Как только последняя женщина закрыла за собой дверь, Фалаиса схватила со стола бокал вина и выплеснула его содержимое на лакированные доски пола. Под взглядом Каде королева отодвинула кресло от стены, разделявшей покои двух королев, забравшись под стол, приложила к стене бокал и сразу же припала к нему ухом.

— Что ты делаешь? — спросила Каде.

— Здесь слабая доска. Я могу слышать через нее, о чем говорится в комнате Равенны. Там сейчас Томас.

— Блеск! — Каде вскочила на стол и припала ухом к стене, однако услышала только неразборчивые голоса. — Что они говорят?

— Ш-ш-ш.

Оставалось только ждать или тащить Фалаису за ноги из-под стола, но тогда они пропустят какую-нибудь часть разговора. Каде коротала время, торопливо расхаживая туда-сюда. Запустив пальцы в волосы, она старалась успокоить себя.

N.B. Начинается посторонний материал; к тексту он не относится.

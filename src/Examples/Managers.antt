-- ===== src/Examples/Managers.antt =====
-- Examples of the theorems on the process manager.
use vvz_lmrs.Prelude.{ℕ, ◌+◌, ◌≡◌, arith, true, none, some, [], ◌∷◌, ok}
use vvz_lmrs.Prelude.Int.{pos}
use vvz_lmrs.Manager.{Platform, delivered, trusted, written, PidFile, missing, holding, done}
use vvz_lmrs.Manager.State.{read_state}
use vvz_lmrs.Manager.Control.{start_at, stop_server, server_status, restart, main}
use vvz_lmrs.Manager.Polling.{IsSettled}
use vvz_lmrs.Manager.After.{After}
use vvz_lmrs.Manager.Endings.{main_settles}
use vvz_lmrs.Manager.Outcomes.{StatusEnds, stop_then_status, status_says}
use vvz_lmrs.Manager.Started.{StartEnds, start_ends}

-- A system whose world is its clock, where every process lives and every server is healthy.
abbrev os : Platform ℕ
os = record {
  environ = λ _. none;
  join = λ directory name. name;
  show = λ _. "";
  load_json = λ _ _. none;
  create_default_context = λ _. trusted;
  urlopen = λ _ _ w. (some (pos 200), w);
  connect_ex = λ _ _ w. (ok (pos 1), w);
  monotonic = λ w. w;
  sleep = λ d w. w + d;
  kill = λ _ _ w. (delivered, w);
  make_dir = λ _ w. (ok tt, w);
  open_log = λ _ w. (ok tt, w);
  popen = λ _ w. (ok (pos 42), w);
  poll = λ _ w. (none, w);
  write_text = λ _ w. (written, w);
  unlink = λ _ w. (none, w);
}

abbrev recorded_file : PidFile
recorded_file = holding ("41" ∷ "/etc/lmrs/config.json" ∷ [])

main_settles_example : IsSettled ((main os restart none recorded_file 0).0)
main_settles_example =
    main_settles os (λ d w. omega arith) (λ pid n w. omega arith) (λ url ca w. omega arith)
      (λ host port w. omega arith) restart none recorded_file 0

start_ends_example :
    StartEnds os "c.json" true
      (read_state missing)
      missing
      0
      (start_at os (some "c.json") true missing 0)
start_ends_example = start_ends os (some "c.json") true missing 0

stop_then_status_example : After (stop_server os recorded_file 0) (λ code g v.
    (code ≡ 0) × (server_status os g v ≡ (done 3, g, v)) × (stop_server os g v ≡ (done 0, g, v)))
stop_then_status_example = stop_then_status os recorded_file 0

status_says_example :
    After
      (server_status os recorded_file 0)
      (λ code g v. StatusEnds os (read_state recorded_file) code recorded_file g 0 v)
status_says_example = status_says os recorded_file 0
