-- ===== src/Vram/Store/Honest.antt =====
-- A static figure is only ever stored beside a baseline that was measured with no model served.
use vvz_lmrs.Prelude.{
  ◌≡◌, refl, arith, Bool, true, false, ◌&&◌, Option, none, some, String, List, inl, inr, ◌==◌,
  eq_iff, Bool-cases, if◌then◌else◌,
}
use vvz_lmrs.Prelude.Int.{ℤ, pos, ◌-ℤ◌, ◌≤ℤ◌, leb_ℤ, int_laws}
use vvz_lmrs.Prelude.Dict.{Dict, lookup, lookup-insert, lookup-erase, dict_laws}
use vvz_lmrs.Prelude.Value.{Value}
use vvz_lmrs.Vram.Store.{
  GpuMemoryMeasurement, as_int, is_false, is_truthy, baseline_facts, loaded_facts, without_static,
  static_by_baseline, static_facts,
}

-- A static figure, the flag of its baseline, and the baseline, as the mapping may hold them: nothing
-- was measured; a baseline stands beside its flag; or a figure that is not negative stands beside a
-- baseline that was measured with no model served.
pub data HonestAt : Option Value → Option Value → Option Value → Type 0 where
  unknown : HonestAt none none none
  baseline : (served : Bool) (b : ℤ) → HonestAt none (some (Value.bool served)) (some (Value.int b))
  measured :
      (n b : ℤ)
      → pos 0 ≤ℤ n
      → HonestAt (some (Value.int n)) (some (Value.bool false)) (some (Value.int b))

abbrev pub IsHonest : Dict Value → Type 0
IsHonest facts =
    HonestAt (lookup "measured_model_static_vram_bytes" facts)
      (lookup "baseline_model_served" facts) (lookup "service_baseline_free_vram_bytes" facts)

-- A mapping whose three readings are known.
IsHonest-of :
    (facts : Dict Value) {x y z : Option Value}
    → lookup "measured_model_static_vram_bytes" facts ≡ x
    → lookup "baseline_model_served" facts ≡ y
    → lookup "service_baseline_free_vram_bytes" facts ≡ z
    → HonestAt x y z
    → IsHonest facts
IsHonest-of facts p q r h = rw (p, q, r) h

after_baseline :
    (served : Bool) (free : ℤ) {x y z : Option Value}
    → HonestAt x y z
    → (served && is_false y) ≡ false
    → HonestAt x (some (Value.bool served)) (some (Value.int free))
unfolding is_false
after_baseline served free unknown k = baseline served free
after_baseline served free (baseline old b) k = baseline served free
after_baseline true free (measured n b h) k = cc
after_baseline false free (measured n b h) k = measured n free h

pub baseline-IsHonest :
    (m : GpuMemoryMeasurement) (services : List String) (served : Bool) (facts : Dict Value)
    → IsHonest facts
    → (served && is_false (lookup "baseline_model_served" facts)) ≡ false
    → IsHonest (baseline_facts m services served facts)
unfolding baseline_facts
baseline-IsHonest m services served facts h k =
    IsHonest-of (baseline_facts m services served facts) (simp dict_laws) (simp dict_laws)
      (simp dict_laws) (after_baseline served m.free_bytes h k)

-- The static figure that `record_model_loaded` stores.
unfoldable pub new_static : ℤ → Option Value → Option ℤ → Option Value
new_static free flag none = none
new_static free flag (some b) =
    if is_truthy flag then none else if leb_ℤ free b then some (Value.int (b -ℤ free)) else none

module _ (key : String) where
  -- A key that `static_facts` does not write.
  abbrev IsOther : Type 0
  IsOther =
      ((key == "measured_model_static_vram_bytes") ≡ false)
      × ((key == "static_vram_unavailable_reason") ≡ false)

flipped : (s t : String) → (s == t) ≡ false → (t == s) ≡ false
flipped s t h = ground (arith, eq_iff s t, eq_iff t s)

lookup-without_static :
    (reason : String) (facts : Dict Value)
    → lookup "measured_model_static_vram_bytes" (without_static reason facts) ≡ none
unfolding without_static
lookup-without_static reason facts = simp dict_laws

lookup-static_by_baseline :
    (free : ℤ) (o : Option ℤ) (facts : Dict Value)
    → lookup "measured_model_static_vram_bytes" (static_by_baseline free o facts)
      ≡ new_static free none o
unfolding static_by_baseline new_static is_truthy
lookup-static_by_baseline free none facts = lookup-without_static _ facts
lookup-static_by_baseline free (some b) facts = elim (Bool-cases (leb_ℤ free b)) [
  | inl fits ↦ rw fits (simp dict_laws)
  | inr short ↦ rw short (lookup-without_static _ facts)
]

new_static_untruthy :
    (free : ℤ) (flag : Option Value) (o : Option ℤ)
    → is_truthy flag ≡ false
    → new_static free flag o ≡ new_static free none o
unfolding new_static
new_static_untruthy free flag none h = refl
new_static_untruthy free flag (some b) h = rw h (unfold is_truthy in refl)

new_static_truthy :
    (free : ℤ) (flag : Option Value) (o : Option ℤ)
    → is_truthy flag ≡ true
    → new_static free flag o ≡ none
unfolding new_static
new_static_truthy free flag none h = refl
new_static_truthy free flag (some b) h = rw h

pub lookup-static_facts :
    (free : ℤ) (facts : Dict Value)
    → lookup "measured_model_static_vram_bytes" (static_facts free facts)
      ≡ new_static free
          (lookup "baseline_model_served" facts)
          (as_int (lookup "service_baseline_free_vram_bytes" facts))
unfolding static_facts
lookup-static_facts free facts =
    let flag = lookup "baseline_model_served" facts in
    let o = as_int (lookup "service_baseline_free_vram_bytes" facts) in
    elim (Bool-cases (is_truthy flag)) [
      | inl served ↦
          rw (served, new_static_truthy free flag o served) (lookup-without_static _ facts)
      | inr free_of_model ↦
          rw (free_of_model, new_static_untruthy free flag o free_of_model)
            (lookup-static_by_baseline free o facts)
    ]

measured_or_not :
    (free b : ℤ) (fits : Bool)
    → leb_ℤ free b ≡ fits
    → HonestAt
        (if fits then some (Value.int (b -ℤ free)) else none)
        (some (Value.bool false))
        (some (Value.int b))
measured_or_not free b true h = measured (b -ℤ free) b (grind int_laws)
measured_or_not free b false h = baseline false b

after_loaded :
    (free : ℤ) {x y z : Option Value} → HonestAt x y z → HonestAt (new_static free y (as_int z)) y z
unfolding new_static as_int is_truthy
after_loaded free unknown = unknown
after_loaded free (baseline true b) = baseline true b
after_loaded free (baseline false b) = measured_or_not free b (leb_ℤ free b) refl
after_loaded free (measured n b h) = measured_or_not free b (leb_ℤ free b) refl

-- Deciding the static figure changes no other key than the figure and the reason.
module _ (key : String) (other : IsOther key) where
  lookup-without_static_other :
      (reason : String) (facts : Dict Value)
      → lookup key (without_static reason facts) ≡ lookup key facts
  unfolding without_static
  lookup-without_static_other reason facts = simp (
    lookup-insert,
    lookup-erase,
    flipped key "measured_model_static_vram_bytes" other.0,
    flipped key "static_vram_unavailable_reason" other.1,
  )

  lookup-static_by_baseline_other :
      (free : ℤ) (o : Option ℤ) (facts : Dict Value)
      → lookup key (static_by_baseline free o facts) ≡ lookup key facts
  unfolding static_by_baseline
  lookup-static_by_baseline_other free none facts = lookup-without_static_other _ facts
  lookup-static_by_baseline_other free (some b) facts = elim (Bool-cases (leb_ℤ free b)) [
    | inl fits ↦ rw fits (
        simp (
          lookup-insert,
          lookup-erase,
          flipped key "measured_model_static_vram_bytes" other.0,
          flipped key "static_vram_unavailable_reason" other.1,
        ))
    | inr short ↦ rw short (lookup-without_static_other _ facts)
  ]

  pub lookup-static_facts_other :
      (free : ℤ) (facts : Dict Value) → lookup key (static_facts free facts) ≡ lookup key facts
  unfolding static_facts
  lookup-static_facts_other free facts =
      elim (Bool-cases (is_truthy (lookup "baseline_model_served" facts))) [
        | inl served ↦ rw served (lookup-without_static_other _ facts)
        | inr free_of_model ↦ rw free_of_model (
            lookup-static_by_baseline_other free
              (as_int (lookup "service_baseline_free_vram_bytes" facts)) facts)
      ]

pub loaded-IsHonest :
    (model : String) (m : GpuMemoryMeasurement) (backend quantization : String) (facts : Dict Value)
    → IsHonest facts
    → IsHonest (static_facts m.free_bytes (loaded_facts model m backend quantization facts))
unfolding loaded_facts
loaded-IsHonest model m backend quantization facts h =
    let stored = loaded_facts model m backend quantization facts in
    IsHonest-of (static_facts m.free_bytes stored) (lookup-static_facts m.free_bytes stored)
      (lookup-static_facts_other "baseline_model_served" (refl, refl) m.free_bytes stored)
      (lookup-static_facts_other "service_baseline_free_vram_bytes" (refl, refl) m.free_bytes
        stored)
      (after_loaded m.free_bytes (
        IsHonest-of stored {x = lookup "measured_model_static_vram_bytes" facts}
          {y = lookup "baseline_model_served" facts}
          {z = lookup "service_baseline_free_vram_bytes" facts} (simp dict_laws) (simp dict_laws)
          (simp dict_laws) h))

Наконец, когда в прихожей хлопнули двери, Фалаиса вылезла из-под стола и с многозначительным вздохом уселась на пол, покачивая головой.

Каде подпрыгнула от волнения:

— Ну?

Фалаиса протерла ухо краешком мантии.

— Это была жуткая грызня.

— Из-за чего?

— Он предлагает оставить дворец, потому что фейри неминуемо нападут на нас. Он сказал, что они выжидают, что им помогает внутри замка предатель и что они умеют просачиваться сквозь трещины в стенах, так что нам здесь не отсидеться.

— Он прав.

Фалаиса сидела на полу, обняв колени, и вопросительно глядела на нее.

— А ограждения действуют? — спросила она тревожным голосом, но все-таки без паники.